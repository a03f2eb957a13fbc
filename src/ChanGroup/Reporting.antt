-- ===== src/ChanGroup/Reporting.antt =====
-- driver.go: what the metrics report of runLoop, hotload_change_total and
-- hotload_last_changed_timestamp_seconds.
use hotload.Prelude.{
  ℕ, ◌+◌, ◌≡◌, refl, ◌∙◌, String, Bool, true, false, Option, none, some, List, [], ◌∷◌, arith,
  str_eq, eq_iff, if◌then◌else◌, inl, inr, Bool-cases,
}
use hotload.State.{State}
use hotload.Conn.{close, close_conn, set_reset, remove}
use hotload.ChanGroup.{
  OldInfo, call_cancel, update_metrics, retire, reset_and_close_all, close_all, reset_all,
  process_new_value, Event, parent_ends, channel_closed, new_value, run_loop,
}
use hotload.ChanGroup.Change.{process_new_value-same, process_new_value-changed, switched, old_info}

-- How many values differ from the one before them, the first from the group's own, up to the end of
-- the loop.
unfoldable pub changes : String → List Event → ℕ
changes v [] = 0
changes v (parent_ends ∷ es) = 0
changes v (channel_closed ∷ es) = 0
changes v (new_value w r now ∷ es) = (if str_eq w v then 0 else 1) + changes w es

-- When the last such value came, or else `t`.
unfoldable pub last_change : String → ℕ → List Event → ℕ
last_change v t [] = t
last_change v t (parent_ends ∷ es) = t
last_change v t (channel_closed ∷ es) = t
last_change v t (new_value w r now ∷ es) = last_change w (if str_eq w v then t else now) es

-- The last value, or else `v`.
unfoldable pub last_value : String → List Event → String
last_value v [] = v
last_value v (parent_ends ∷ es) = v
last_value v (channel_closed ∷ es) = v
last_value v (new_value w r now ∷ es) = last_value w es

-- The metrics and the value stay.
record Keeps (s t : State) : Type 0 where
  total_eq : t.change_total ≡ s.change_total
  time_eq : t.last_changed ≡ s.last_changed
  value_eq : t.group.value ≡ s.group.value

Keeps-trans : (s t u : State) → Keeps s t → Keeps t u → Keeps s u
Keeps-trans s t u a b = record {
  total_eq = b.total_eq ∙ a.total_eq;
  time_eq = b.time_eq ∙ a.time_eq;
  value_eq = b.value_eq ∙ a.value_eq;
}

close-Keeps : (s : State) (c : ℕ) → Keeps s (close s c).0
unfolding close close_conn remove
close-Keeps s c = record {
  total_eq = ground arith;
  time_eq = ground arith;
  value_eq = ground arith;
}

set_reset-Keeps : (s : State) (c : ℕ) → Keeps s (set_reset s c true)
unfolding set_reset
set_reset-Keeps s c = record { total_eq = refl; time_eq = refl; value_eq = refl }

call_cancel-Keeps : (s : State) (o : Option ℕ) → Keeps s (call_cancel s o)
unfolding call_cancel
call_cancel-Keeps s none = record { total_eq = refl; time_eq = refl; value_eq = refl }
call_cancel-Keeps s (some x) = record { total_eq = refl; time_eq = refl; value_eq = refl }

close_all-Keeps : (s : State) (cs : List ℕ) → Keeps s (close_all s cs)
unfolding close_all
close_all-Keeps s [] = record { total_eq = refl; time_eq = refl; value_eq = refl }
close_all-Keeps s (c ∷ cs) = Keeps-trans s _ _ (close-Keeps s c) (close_all-Keeps (close s c).0 cs)

reset_all-Keeps : (s : State) (cs : List ℕ) → Keeps s (reset_all s cs)
unfolding reset_all
reset_all-Keeps s [] = record { total_eq = refl; time_eq = refl; value_eq = refl }
reset_all-Keeps s (c ∷ cs) =
    Keeps-trans s _ _ (set_reset-Keeps s c) (reset_all-Keeps (set_reset s c true) cs)

reset_and_close_all-Keeps : (s : State) (cs : List ℕ) → Keeps s (reset_and_close_all s cs)
unfolding reset_and_close_all
reset_and_close_all-Keeps s [] = record { total_eq = refl; time_eq = refl; value_eq = refl }
reset_and_close_all-Keeps s (c ∷ cs) =
    let t = set_reset s c true in
    Keeps-trans s _ _ (Keeps-trans s t _ (set_reset-Keeps s c) (close-Keeps t c))
      (reset_and_close_all-Keeps (close t c).0 cs)

either : (s x y : State) (b : Bool) → Keeps s x → Keeps s y → Keeps s (if b then x else y)
either s x y true h k = h
either s x y false h k = k

retire-Keeps : (s : State) (o : OldInfo) → Keeps s (retire s o)
unfolding retire
retire-Keeps s o =
    let a = call_cancel s o.prev_cancel in
    let b = call_cancel s o.prev_prev_cancel in
    let c = close_all b o.prev_prev_conns in
    either s _ _ s.group.force_kill
      (Keeps-trans s a _ (call_cancel-Keeps s o.prev_cancel)
        (reset_and_close_all-Keeps a o.prev_conns))
      (Keeps-trans s b _ (call_cancel-Keeps s o.prev_prev_cancel)
        (Keeps-trans b c _ (close_all-Keeps b o.prev_prev_conns) (reset_all-Keeps c o.prev_conns)))

-- What one value makes of the metrics and of the group's value.
pub record Reported (s t : State) (v : String) (now : ℕ) : Type 0 where
  pub total_now : t.change_total ≡ s.change_total + (if str_eq v s.group.value then 0 else 1)
  pub time_now : t.last_changed ≡ (if str_eq v s.group.value then s.last_changed else now)
  pub value_now : t.group.value ≡ v

pub process_new_value-Reported :
    (s : State) (v redacted : String) (now : ℕ)
    → Reported s (process_new_value s v redacted now) v now
unfolding update_metrics
process_new_value-Reported s v redacted now = elim (Bool-cases (str_eq v s.group.value)) [
  | inl e ↦ rw (process_new_value-same s v redacted now e) (record {
    total_now = rw e (omega arith);
    time_now = rw e refl;
    value_now = ground (arith, e, eq_iff v s.group.value);
  })
  | inr e ↦
      let k = retire-Keeps (update_metrics (switched s v redacted) now) (old_info s) in
      rw (process_new_value-changed s v redacted now e)
        (record { total_now = rw e k.total_eq; time_now = rw e k.time_eq; value_now = k.value_eq })
]

-- However runLoop goes on and whatever it receives: hotload_change_total has grown by the number of
-- values that differ from the one before them, the first from the group's own;
-- hotload_last_changed_timestamp_seconds is the time of the last of these, or as before without one;
-- and the group has the last value.
pub run_loop-Reports :
    (s : State) (es : List Event)
    → let t = (run_loop s es).0 in
      (t.change_total ≡ s.change_total + changes s.group.value es)
      × (t.last_changed ≡ last_change s.group.value s.last_changed es)
      × (t.group.value ≡ last_value s.group.value es)
unfolding run_loop changes last_change last_value
run_loop-Reports s [] = (omega arith, refl, refl)
run_loop-Reports s (parent_ends ∷ es) =
    let k = call_cancel-Keeps (record s { parent_done = true }) s.group.cancel in
    (omega (arith, k.total_eq), k.time_eq, k.value_eq)
run_loop-Reports s (channel_closed ∷ es) = (omega arith, refl, refl)
run_loop-Reports s (new_value v r now ∷ es) =
    let p = process_new_value-Reported s v r now in
    let (total, time, value) = run_loop-Reports (process_new_value s v r now) es in
    let total' = rw p.value_now at total in
    (
      omega (arith, total', p.total_now),
      rw (p.value_now, p.time_now) at time,
      rw p.value_now at value,
    )
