-- ===== src/ChanGroup/Tests.antt =====
-- Runs of a group over a small driver, and the theorems at concrete inputs.
use hotload.Prelude.{
  str_eq, if◌then◌else◌, ℕ, ◌+◌, ◌≡◌, refl, true, false, ◌⊎◌, inl, none, List, [], ◌∷◌, In, arith,
  length, lookup, insert,
}
use hotload.State.{State, Context, DriverInstance, SqlDriver, ok, absent, close_call, open_call}
use hotload.Conn.{
  is_valid, reset_session, close, close_conn, remove, remove_mgd_conn, set_reset, get_reset,
}
use hotload.Conn.Evolves.{Closed}
use hotload.Dsn.{UrlLib, Url, Values, merge_conn_string_options}
use hotload.ChanGroup.{
  open_conn, new_managed_conn, parse_url_values, process_new_value, critical_section, with_cancel,
  update_metrics, retire, call_cancel, close_all, reset_all, reset_and_close_all, run_loop,
  new_value, parent_ends,
}
use hotload.ChanGroup.Steps.{
  Running, Move, run, step, receive, act, on_conn, see_parent, perform, actions, call_method,
  receives, acts, opens, calls_method, validates,
}
use hotload.ChanGroup.Guarantees.{start, reuse-current, conns-tracked, forced-tracked, listed-live}
use hotload.ChanGroup.Effects.{process_new_value-graceful, process_new_value-forced}
use hotload.ChanGroup.Reporting.{changes, last_change, last_value, run_loop-Reports}
use hotload.ChanGroup.Quiet.{close_calls}
use hotload.ChanGroup.Change.{switched}
use hotload.ChanGroup.Marks.{marks}
use hotload.ChanGroup.Refinement.{repeated, idle, run-process_new_value}
use hotload.HDriver.{new_chan_group, new_state}

-- The driver numbers its connections by the calls that it has seen, and never fails.
abbrev pub plain_driver : SqlDriver
plain_driver = record {
  implements = λ c i. false;
  answer = λ calls k. ok (length calls);
  failure = λ calls k. none;
  verdict = λ calls k. true;
}

abbrev pub plain : DriverInstance
plain = record { driver = plain_driver; options = [] }

abbrev pub plain_url : Url
plain_url = record {
  scheme = "fsnotify";
  host = "postgres";
  path = "/dsn";
  raw_query = "";
  remainder = "";
}

abbrev pub url : UrlLib
url = record {
  parse = λ s. ok plain_url;
  parse_request_uri = λ s. ok plain_url;
  parse_query = λ s. ok [];
  query = λ u. [];
  encode = λ v. "";
  to_string = λ u. u.path;
}

abbrev pub caller : Context
caller = record { id = 1; done = none; label_value = absent }

abbrev forced_query : Values
forced_query = ("forceKill", "true" ∷ []) ∷ []

-- Two connections, a change while a client checks one of them, and a third connection.
abbrev history : List Move
history =
    opens "r"
    ∷ opens "r"
    ∷ receives "b" "rb" 7
    ∷ acts
    ∷ calls_method 0 validates
    ∷ acts
    ∷ opens "r"
    ∷ acts
    ∷ acts
    ∷ acts
    ∷ []

program : Unit {0}
unfolding run step receive act on_conn see_parent perform call_method actions open_conn
    new_managed_conn close close_conn remove remove_mgd_conn set_reset get_reset is_valid
    reset_session new_state new_chan_group parse_url_values critical_section with_cancel
    update_metrics call_cancel merge_conn_string_options lookup insert retire close_all reset_all
    reset_and_close_all process_new_value run_loop close_calls
program = tt

abbrev graceful_start : Running
graceful_start = start "n" "a" "ra" plain [] false

abbrev forced_start : Running
forced_start = start "n" "a" "ra" plain forced_query false

forced_start_forces : forced_start.state.group.force_kill ≡ true
unfolding program
forced_start_forces = refl

reuse-current_example :
    let r = run url graceful_start history in
    (merge_conn_string_options url r.state.group.value r.state.group.sql_driver.options
      ≡ ok (r.state.heap 2).dsn)
    ⊎ Closed r.state 2
unfolding program
reuse-current_example =
    reuse-current url "n" "a" "ra" plain [] false history 2 caller refl (omega arith) refl refl

conns-tracked_example :
    let r = run url graceful_start history in
    In 0 r.state.group.conns ⊎ (In 0 r.state.group.prev_conns ⊎ Closed r.state 0)
unfolding program
conns-tracked_example = conns-tracked url "n" "a" "ra" plain [] false history 0 refl (omega arith)

forced-tracked_example :
    let r = run url forced_start history in
    (In 0 r.state.group.conns ⊎ Closed r.state 0)
    × (((r.state.heap 0).ctx ≡ r.state.group.ctx) ⊎ (r.state.canceled (r.state.heap 0).ctx ≡ true))
unfolding program
forced-tracked_example =
    forced-tracked url "n" "a" "ra" plain forced_query false history 0 refl (omega arith) refl

listed-live_example :
    let r = run url forced_start history in r.state.canceled (r.state.heap 2).ctx ≡ false
unfolding program
listed-live_example =
    listed-live url "n" "a" "ra" plain forced_query false history 2 (inl refl) refl

-- The client's check closes connection 0, and runLoop closes it once more.
forced_history_calls :
    (run url forced_start history).state.calls
    ≡ close_call 1
      ∷ close_call 0
      ∷ open_call "b"
      ∷ close_call 0
      ∷ open_call "a"
      ∷ open_call "a"
      ∷ []
unfolding program
forced_history_calls = refl

abbrev two_open : State
two_open =
    (run url graceful_start (opens "r" ∷ opens "r" ∷ receives "b" "rb" 7 ∷ acts ∷ acts ∷ [])).state

abbrev two_forced : State
two_forced = (run url forced_start (opens "r" ∷ opens "r" ∷ [])).state

process_new_value-graceful_example :
    let t = process_new_value two_open "c" "rc" 9 in
    (t.group ≡ (switched two_open "c" "rc").group)
    × (t.canceled 0 ≡ true)
    × (t.calls ≡ close_call 1 ∷ close_call 0 ∷ two_open.calls)
unfolding program
process_new_value-graceful_example = process_new_value-graceful two_open "c" "rc" 9 refl refl 0

process_new_value-forced_example :
    let t = process_new_value two_forced "c" "rc" 9 in
    (t.group ≡ (switched two_forced "c" "rc").group)
    × (t.canceled 0 ≡ true)
    × (t.calls ≡ close_call 1 ∷ close_call 0 ∷ two_forced.calls)
unfolding program
process_new_value-forced_example = process_new_value-forced two_forced "c" "rc" 9 refl refl 0

run-process_new_value_example :
    (k : ℕ) × (let r = run url (idle two_open) (receives "c" "rc" 9 ∷ repeated k) in
      (r ≡ idle (process_new_value two_open "c" "rc" 9))
      × ((i : ℕ)
          → (r.state.heap i).reset ≡ (
              if str_eq "c" two_open.group.value
              then (two_open.heap i).reset
              else marks two_open.group.conns i (two_open.heap i).reset)))
run-process_new_value_example = run-process_new_value url two_open "c" "rc" 9

run_loop-Reports_example :
    let (t, returned) =
      run_loop two_open
        (new_value "c" "rc" 9 ∷ new_value "c" "rc" 10 ∷ new_value "d" "rd" 11 ∷ parent_ends ∷ []) in
    (t.change_total ≡ two_open.change_total + 2) × (t.last_changed ≡ 11) × (t.group.value ≡ "d")
unfolding program changes last_change last_value
run_loop-Reports_example =
    run_loop-Reports two_open
      (new_value "c" "rc" 9 ∷ new_value "c" "rc" 10 ∷ new_value "d" "rd" 11 ∷ parent_ends ∷ [])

________________________________________

> **WHAT TO PRODUCE**
Your answer should be the lines of the listing above between the line holding "-- The driver" and the line holding "new_managed_conn close close_conn", inclusive, restated word for word and alone.

> **OUTPUT BELOW**
-- The driver numbers its connections by the calls that it has seen, and never fails.
abbrev pub plain_driver : SqlDriver
plain_driver = record {
  implements = λ c i. false;
  answer = λ calls k. ok (length calls);
  failure = λ calls k. none;
  verdict = λ calls k. true;
}

abbrev pub plain : DriverInstance
plain = record { driver = plain_driver; options = [] }

abbrev pub plain_url : Url
plain_url = record {
  scheme = "fsnotify";
  host = "postgres";
  path = "/dsn";
  raw_query = "";
  remainder = "";
}

abbrev pub url : UrlLib
url = record {
  parse = λ s. ok plain_url;
  parse_request_uri = λ s. ok plain_url;
  parse_query = λ s. ok [];
  query = λ u. [];
  encode = λ v. "";
  to_string = λ u. u.path;
}

abbrev pub caller : Context
caller = record { id = 1; done = none; label_value = absent }

abbrev forced_query : Values
forced_query = ("forceKill", "true" ∷ []) ∷ []

-- Two connections, a change while a client checks one of them, and a third connection.
abbrev history : List Move
history =
    opens "r"
    ∷ opens "r"
    ∷ receives "b" "rb" 7
    ∷ acts
    ∷ calls_method 0 validates
    ∷ acts
    ∷ opens "r"
    ∷ acts
    ∷ acts
    ∷ acts
    ∷ []

program : Unit {0}
unfolding run step receive act on_conn see_parent perform call_method actions open_conn
    new_managed_conn close close_conn remove remove_mgd_conn set_reset get_reset is_valid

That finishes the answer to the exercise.